Quote from: John KimFurthermore, simply taking combat mechanics and putting non-violent labels onto it is not very compelling.  For example, several games push a model of interpersonal conflict.  i.e. One character rolls against another.  This may be fitting for cutthroat social climbing, but consider winning someone's respect or love.  Who is the conflict against?  I am often disturbed to see that such actions are handled as interpersonal conflict.  This makes it losing to respect someone or to fall in love.

Interesting angle, John. Gave me pause for a moment to think about it.

In Dead Inside, all forms of conflict (physical, social, mental, etc.) use the same mechanics, which are -- yes -- two characters rolling against one another.

Quick rundown: the PDQ-foundation of DI recognizes 3 sorts of situations:
1. Simple: No opposition or risk, no rolling, just compare Ranks.
2. Complicated: Mild opposition or chance, roll plus Modifier vs. Target Number
3. Conflict: Strong opposition or risk, roll plus Modifier vs. roll plus Modifier.

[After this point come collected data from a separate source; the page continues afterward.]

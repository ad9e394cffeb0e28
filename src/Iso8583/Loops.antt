-- ===== src/Iso8583/Loops.antt =====
-- Lemmas on the field loops of `encode` and `decode`, for app/iso8583.py.
use mathlib.Core.List.{append_assoc, append-nil}
use mathlib.Core.Option.{get_or}
use mathlib.Core.Bool.{false≢true}
use atlas_pay.Prelude.{
  if◌then◌else◌, nat_beq_iff, Bool-cases, Option-cases, length, All, length-append, ok,
  Result-cases, text_eq, ◌==◌, nat_eq, mem, Bytes, ℕ, ◌≡◌, refl, ap, inl, inr, true, ◌||◌, none,
  some, List, [], ◌∷◌, ◌++◌, arith,
}
use atlas_pay.Prelude.Dict.{Dict, keys, is_some, lookup}
use atlas_pay.Prelude.Sorting.{insert_sorted, sorted, in_range}
use atlas_pay.Iso8583.Spec.{FieldValue, str_value, FieldSpec}
use atlas_pay.Iso8583.BitmapLaws.{are_field_numbers}
use atlas_pay.Iso8583.Field.{encode_field}
use atlas_pay.Iso8583.FieldLaws.{IsValidSpec, decode_field-encode_field}
use atlas_pay.Iso8583.Codec.{encode_fields, join_fields, decode_fields}

-- Every spec of the profile passes `__post_init__`.
abbrev pub IsValidProfile : Dict ℕ FieldSpec → Type 0
IsValidProfile = All (λ e. IsValidSpec e.1)

lookup-IsValidSpec :
    (specs : Dict ℕ FieldSpec) (n : ℕ) (s : FieldSpec)
    → IsValidProfile specs
    → lookup n specs ≡ some s
    → IsValidSpec s
unfolding lookup
lookup-IsValidSpec [] n s v h = cc
lookup-IsValidSpec ((k, t) ∷ specs) n s v h = elim (Bool-cases (k == n)) [
  | inl e ↦ rw (ap (λ o. get_or o t) (rw (e, lookup) at h)) at v.0
  | inr e ↦ lookup-IsValidSpec specs n s v.1 (rw (e, lookup) at h)
]

-- What the loop of `encode` establishes for a field number.
pub record Encoded (specs : Dict ℕ FieldSpec) (fields : Dict ℕ FieldValue) (d : Dict ℕ Bytes)
    (n : ℕ) : Type 0 where
  s : FieldSpec
  value : FieldValue
  raw : Bytes
  spec_at : lookup n specs ≡ some s
  value_at : lookup n fields ≡ some value
  raw_at : lookup n d ≡ some raw
  encoded : encode_field s value ≡ ok raw

-- One round of the loop, taken apart.
record Round (specs : Dict ℕ FieldSpec) (k : ℕ) (v : FieldValue) (fields : Dict ℕ FieldValue)
    (d : Dict ℕ Bytes) : Type 0 where
  s : FieldSpec
  raw : Bytes
  rest : Dict ℕ Bytes
  number_ok : in_range 2 128 k ≡ true
  spec_at : lookup k specs ≡ some s
  encoded : encode_field s v ≡ ok raw
  rest_ok : encode_fields specs fields ≡ ok rest
  split : d ≡ (k, raw) ∷ rest

encode_fields-Round :
    (specs : Dict ℕ FieldSpec) (k : ℕ) (v : FieldValue) (fields : Dict ℕ FieldValue)
    (d : Dict ℕ Bytes)
    → encode_fields specs ((k, v) ∷ fields) ≡ ok d
    → Round specs k v fields d
unfolding encode_fields
encode_fields-Round specs k v fields d h = elim (Option-cases (lookup k specs)) [
  | inl e ↦ absurd (ground (arith, e))
  | inr (s, es) ↦ elim (Result-cases (encode_field s v)) [
    | inr (x, e) ↦ absurd (ground (arith, es, e))
    | inl (raw, er) ↦ elim (Result-cases (encode_fields specs fields)) [
      | inr (x, e) ↦ absurd (ground (arith, es, er, e))
      | inl (rest, ef) ↦ record {
        s = s;
        raw = raw;
        rest = rest;
        number_ok = ground (arith, es, er, ef);
        spec_at = es;
        encoded = er;
        rest_ok = ef;
        split = ground (arith, es, er, ef);
      }
    ]
  ]
]

pub keys-encode_fields :
    (specs : Dict ℕ FieldSpec) (fields : Dict ℕ FieldValue) (d : Dict ℕ Bytes)
    → encode_fields specs fields ≡ ok d
    → (keys d ≡ keys fields) × (are_field_numbers (keys fields) ≡ true)
unfolding encode_fields
keys-encode_fields specs [] d h = ground arith
keys-encode_fields specs ((k, v) ∷ fields) d h =
    let r = encode_fields-Round specs k v fields d h in
    ground (arith, r.split, r.number_ok, keys-encode_fields specs fields r.rest r.rest_ok)

pub encode_fields-Encoded :
    (specs : Dict ℕ FieldSpec) (fields : Dict ℕ FieldValue) (d : Dict ℕ Bytes) (n : ℕ)
    → encode_fields specs fields ≡ ok d
    → mem n (keys fields) ≡ true
    → Encoded specs fields d n
unfolding lookup
encode_fields-Encoded specs [] d n h m = absurd (false≢true m)
encode_fields-Encoded specs ((k, v) ∷ fields) d n h m =
    let r = encode_fields-Round specs k v fields d h in
    elim (Bool-cases (k == n)) [
      | inl e ↦ record {
        s = r.s;
        value = v;
        raw = r.raw;
        spec_at = rw (← (nat_beq_iff k n).0 e) r.spec_at;
        value_at = ground (arith, e);
        raw_at = ground (arith, e, r.split);
        encoded = r.encoded;
      }
      | inr e ↦
          let t = encode_fields-Encoded specs fields r.rest n r.rest_ok (ground (arith, e)) in
          record {
            s = t.s;
            value = t.value;
            raw = t.raw;
            spec_at = t.spec_at;
            value_at = ground (arith, e, t.value_at);
            raw_at = ground (arith, e, r.split, t.raw_at);
            encoded = t.encoded;
          }
    ]

-- The fields of the listed numbers, in the order of the list.
pub pick : Dict ℕ FieldValue → List ℕ → Dict ℕ FieldValue
pick fields [] = []
pick fields (n ∷ ns) = (n, get_or (lookup n fields) (str_value [])) ∷ pick fields ns

pub lookup-pick :
    (fields : Dict ℕ FieldValue) (n : ℕ) (ns : List ℕ)
    → ((j : ℕ) → mem j ns ≡ true → is_some (lookup j fields) ≡ true)
    → lookup n (pick fields ns) ≡ (if mem n ns then lookup n fields else none)
unfolding lookup pick
lookup-pick fields n [] h = refl
lookup-pick fields n (m ∷ ns) h = ground (
  arith,
  h m (ground (arith, nat_beq_iff m m)),
  lookup-pick fields n ns (λ j u. h j (ground arith)),
)

pub decode_fields-join :
    (specs : Dict ℕ FieldSpec) (fields : Dict ℕ FieldValue) (d : Dict ℕ Bytes) (pre : Bytes)
    (ns : List ℕ)
    → IsValidProfile specs
    → ((n : ℕ) → mem n ns ≡ true → Encoded specs fields d n)
    → decode_fields specs (pre ++ join_fields d ns) (length pre) ns
      ≡ ok (pick fields ns, length (pre ++ join_fields d ns))
unfolding decode_fields join_fields pick
decode_fields-join specs fields d pre [] valid h = rw append-nil refl
decode_fields-join specs fields d pre (n ∷ ns) valid h =
    let t = h n (ground (arith, nat_beq_iff n n)) in
    let ih =
      decode_fields-join specs fields d (pre ++ t.raw) ns valid (λ j m. h j (ground arith)) in
    let here =
      decode_field-encode_field t.s t.value t.raw pre (join_fields d ns)
        (lookup-IsValidSpec specs n t.s valid t.spec_at) t.encoded in
    ground (
      arith,
      t.spec_at,
      t.value_at,
      t.raw_at,
      here,
      rw (append_assoc pre t.raw (join_fields d ns), length-append pre t.raw) at ih,
    )

mem-insert_sorted : (n k : ℕ) (xs : List ℕ) → mem n (insert_sorted k xs) ≡ (n == k || mem n xs)
unfolding insert_sorted
mem-insert_sorted n k [] = refl
mem-insert_sorted n k (x ∷ xs) = ground (arith, mem-insert_sorted n k xs)

pub mem-sorted : (n : ℕ) (xs : List ℕ) → mem n (sorted xs) ≡ mem n xs
unfolding sorted
mem-sorted n [] = refl
mem-sorted n (x ∷ xs) = ground (arith, mem-insert_sorted n x (sorted xs), mem-sorted n xs)

pub mem-keys :
    (n : ℕ) (fields : Dict ℕ FieldValue) → mem n (keys fields) ≡ is_some (lookup n fields)
unfolding lookup
mem-keys n [] = refl
mem-keys n ((k, v) ∷ fields) = ground (arith, mem-keys n fields)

I think the question here, in that you're talking also about winning respect or falling in love, is "what is the situation?" What are the goals of the characters involved?

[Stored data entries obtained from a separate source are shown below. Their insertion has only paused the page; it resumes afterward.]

-- ===== src/Iso8583/RoundTrip.antt =====
-- Lemmas on decoding an encoded message, for app/iso8583.py.
use mathlib.Core.List.{append_assoc}
use atlas_pay.Prelude.{
  if◌then◌else◌, length, all, length-append, empty_of_length, slice-middle, ok, Result-cases,
  text_eq, nat_eq, mem, Text, Bytes, is_digit_byte, is_ascii, is_ascii_digits, ℕ, ◌+◌, ◌≡◌, refl,
  sym, ap, ◌∙◌, inl, inr, Bool, true, false, List, [], ◌∷◌, ◌++◌, arith,
}
use atlas_pay.Prelude.Bits.{test_bit, to_bytes, from_bytes, length-to_bytes}
use atlas_pay.Prelude.Dict.{Dict, keys, is_some, lookup}
use atlas_pay.Prelude.Sorting.{sorted, IsDistinct}
use atlas_pay.Iso8583.Spec.{FieldValue, FieldSpec, Iso8583Message}
use atlas_pay.Iso8583.Bitmap.{
  has_secondary, bitmaps, secondary_bytes, encode_bitmap, decode_field_numbers,
}
use atlas_pay.Iso8583.BitmapLaws.{bitmap_flag, primary-bytes, decode_field_numbers-bitmaps}
use atlas_pay.Iso8583.Codec.{
  encode_mti, decode_mti, encode_fields, join_fields, encode, decode_fields, decode,
}
use atlas_pay.Iso8583.Loops.{
  IsValidProfile, Encoded, keys-encode_fields, encode_fields-Encoded, pick, lookup-pick,
  decode_fields-join, mem-sorted, mem-keys,
}

digits_below : (s : Text) → all is_digit_byte s ≡ true → is_ascii s ≡ true
digits_below [] h = refl
digits_below (c ∷ s) h = ground (arith, digits_below s)

digits-ascii : (s : Text) → is_ascii_digits s ≡ true → is_ascii s ≡ true
unfolding is_ascii_digits
digits-ascii [] h = refl
digits-ascii (c ∷ s) h = digits_below (c ∷ s) h

-- `decode`, on a payload in its four parts.
decode_parts :
    (specs : Dict ℕ FieldSpec) (mti p secondary body : Bytes) (primary : ℕ) (flag : Bool)
    (fields : Dict ℕ FieldValue)
    → let raw = mti ++ (p ++ (secondary ++ body)) in
      decode_mti mti ≡ ok mti
      → length mti ≡ 4
      → length p ≡ 8
      → length secondary ≡ (if flag then 8 else 0)
      → from_bytes p ≡ primary
      → test_bit primary 63 ≡ flag
      → decode_fields specs raw (12 + length secondary) (decode_field_numbers primary secondary)
        ≡ ok (fields, length raw)
      → decode specs raw ≡ ok (record { mti = mti; fields = fields })
unfolding decode
decode_parts specs mti p secondary body primary true fields m lm lp ls fp tb df =
    let raw = mti ++ (p ++ (secondary ++ body)) in
    let third =
      slice-middle (mti ++ p) secondary body 12 20 (omega (arith, length-append mti p))
        (omega (arith, length-append mti p)) in
    ground (
      arith,
      slice-middle [] mti (p ++ (secondary ++ body)) 0 4 refl (omega arith),
      slice-middle mti p (secondary ++ body) 4 12 (omega arith) (omega arith),
      rw (append_assoc mti p (secondary ++ body)) at third,
      length-append mti (p ++ (secondary ++ body)),
      length-append p (secondary ++ body),
      length-append secondary body,
      rw (ls) at df,
    )
decode_parts specs mti p secondary body primary false fields m lm lp ls fp tb df = ground (
  arith,
  slice-middle [] mti (p ++ (secondary ++ body)) 0 4 refl (omega arith),
  slice-middle mti p (secondary ++ body) 4 12 (omega arith) (omega arith),
  length-append mti (p ++ (secondary ++ body)),
  length-append p (secondary ++ body),
  length-append secondary body,
  empty_of_length secondary ls,
  rw (ls) at df,
)

encode_mti-decode_mti :
    (mti raw : Text)
    → encode_mti mti ≡ ok raw
    → (raw ≡ mti) × (length mti ≡ 4) × (decode_mti mti ≡ ok mti)
unfolding encode_mti decode_mti
encode_mti-decode_mti mti raw h = (ground arith, ground arith, ground (arith, digits-ascii mti))

length-secondary : (ks : List ℕ) → length (secondary_bytes ks) ≡ (if has_secondary ks then 8 else 0)
length-secondary ks = ground (arith, length-to_bytes 8 (bitmaps ks).1)

module _ (specs : Dict ℕ FieldSpec) (mti : Text) (fields : Dict ℕ FieldValue) (d : Dict ℕ Bytes)
    (valid : IsValidProfile specs) (distinct : IsDistinct (keys fields))
    (e : encode_fields specs fields ≡ ok d) where
  good : (n : ℕ) → mem n (sorted (keys d)) ≡ true → Encoded specs fields d n
  good n m =
      encode_fields-Encoded specs fields d n e
        (rw (mem-sorted, (keys-encode_fields specs fields d e).0) at m)

  decode_body :
      (decoded_mti : decode_mti mti ≡ ok mti)
      → length mti ≡ 4
      → decode specs (mti ++ (encode_bitmap (keys d) ++ join_fields d (sorted (keys d))))
        ≡ ok (record { mti = mti; fields = pick fields (sorted (keys d)) })
  unfolding encode_bitmap
  decode_body m lm =
      let ks = keys d in
      let p = to_bytes 8 (bitmaps ks).0 in
      let s = secondary_bytes ks in
      let body = join_fields d (sorted ks) in
      let (ek, in_bounds) = keys-encode_fields specs fields d e in
      let numbers_ok = rw (← ek) at in_bounds in
      let found = decode_field_numbers-bitmaps ks numbers_ok (rw (← ek) at distinct) in
      let loop = decode_fields-join specs fields d (mti ++ (p ++ s)) (sorted ks) valid good in
      let shape : (mti ++ (p ++ s)) ++ body ≡ mti ++ (p ++ (s ++ body)) =
        append_assoc mti (p ++ s) body ∙ ap (λ l. mti ++ l) (append_assoc p s body) in
      let start : length (mti ++ (p ++ s)) ≡ 12 + length s =
        omega (
          arith,
          length-append mti (p ++ s),
          length-append p s,
          length-to_bytes 8 (bitmaps ks).0,
        ) in
      ap (λ l. decode specs (mti ++ l)) (append_assoc p s body)
      ∙ decode_parts specs mti p s body (bitmaps ks).0 (has_secondary ks) (pick fields (sorted ks))
          m lm (length-to_bytes 8 (bitmaps ks).0) (length-secondary ks)
          (primary-bytes ks numbers_ok) (bitmap_flag ks numbers_ok)
          (rw found (rw (shape, start) at loop))

  found_iff : (n : ℕ) → mem n (sorted (keys d)) ≡ is_some (lookup n fields)
  found_iff n =
      mem-sorted n (keys d) ∙ ap (mem n) (keys-encode_fields specs fields d e).0 ∙ mem-keys n fields

  lookup-decoded : (n : ℕ) → lookup n (pick fields (sorted (keys d))) ≡ lookup n fields
  lookup-decoded n =
      lookup-pick fields n (sorted (keys d)) (λ j m. sym (found_iff j) ∙ m)
      ∙ ground (arith, found_iff n)

-- Under a valid profile, every message with distinct field numbers that the codec encodes is
-- decoded to the same MTI and the same fields: the codec loses and invents nothing.
pub decode-encode :
    (specs : Dict ℕ FieldSpec) (message : Iso8583Message) (raw : Bytes)
    → IsValidProfile specs
    → IsDistinct (keys message.fields)
    → encode specs message ≡ ok raw
    → (decoded : Iso8583Message) × (decode specs raw ≡ ok decoded)
      × (decoded.mti ≡ message.mti)
      × ((n : ℕ) → lookup n decoded.fields ≡ lookup n message.fields)
unfolding encode
decode-encode specs message raw valid distinct h = elim (Result-cases (encode_mti message.mti)) [
  | inr (x, e) ↦ absurd (ground (arith, e))
  | inl (mti, em) ↦ elim (Result-cases (encode_fields specs message.fields)) [
    | inr (x, e) ↦ absurd (ground (arith, em, e))
    | inl (d, e) ↦
        let (same, lm, dm) = encode_mti-decode_mti message.mti mti em in
        let body = decode_body specs message.mti message.fields d valid distinct e dm lm in
        (
          record { mti = message.mti; fields = pick message.fields (sorted (keys d)) },
          ground (arith, em, e, same, body),
          refl,
          lookup-decoded specs message.mti message.fields d valid distinct e,
        )
  ]
]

A. If two characters are amenable and interested in to falling in love, they do.
B. If there is some minor hurdle to overcome, one or both of them can treat it as a complicated situation.
C. If one of the characters is actually fighting his/her desire to fall in love (or fighting his/her desire to stay out of love), that's conflict.

I can likewise see attempting to earn respect as either a simple, complicated, or conflict situation, determined by who the characters are. (An example of a conflict here would be, say, Archie Andrews and Mr. Lodge.)

But that's just the way I see it.

CU
Chad Underkoffler [chadu@yahoo.com]

Atomic Sock Monkey Press

Available Now: Truth & Justice

greyorm

Heya John,

There are any number of computer games which are not focused around violence: such as romance/dating simulators, psychological thrillers, text-based adventures, etc. This is where my earlier contention that the rules beg to be played comes from.

When the option is present, chances are greater that it will be utilized. Even moreso when the option is rewarded. If the player gets something out of it, they will tend to do it more often.

Conversely, when the rules fail to cover a situation, that situation tends not to arise. Consider Monopoly: how often do you have the pieces fight each other? (Well, assuming you're a reasonably normal group of people playing Monopoly and not a bunch of twitching D&D geeks)

Hrm, which makes me wonder: is the problem games, or is the problem gamers?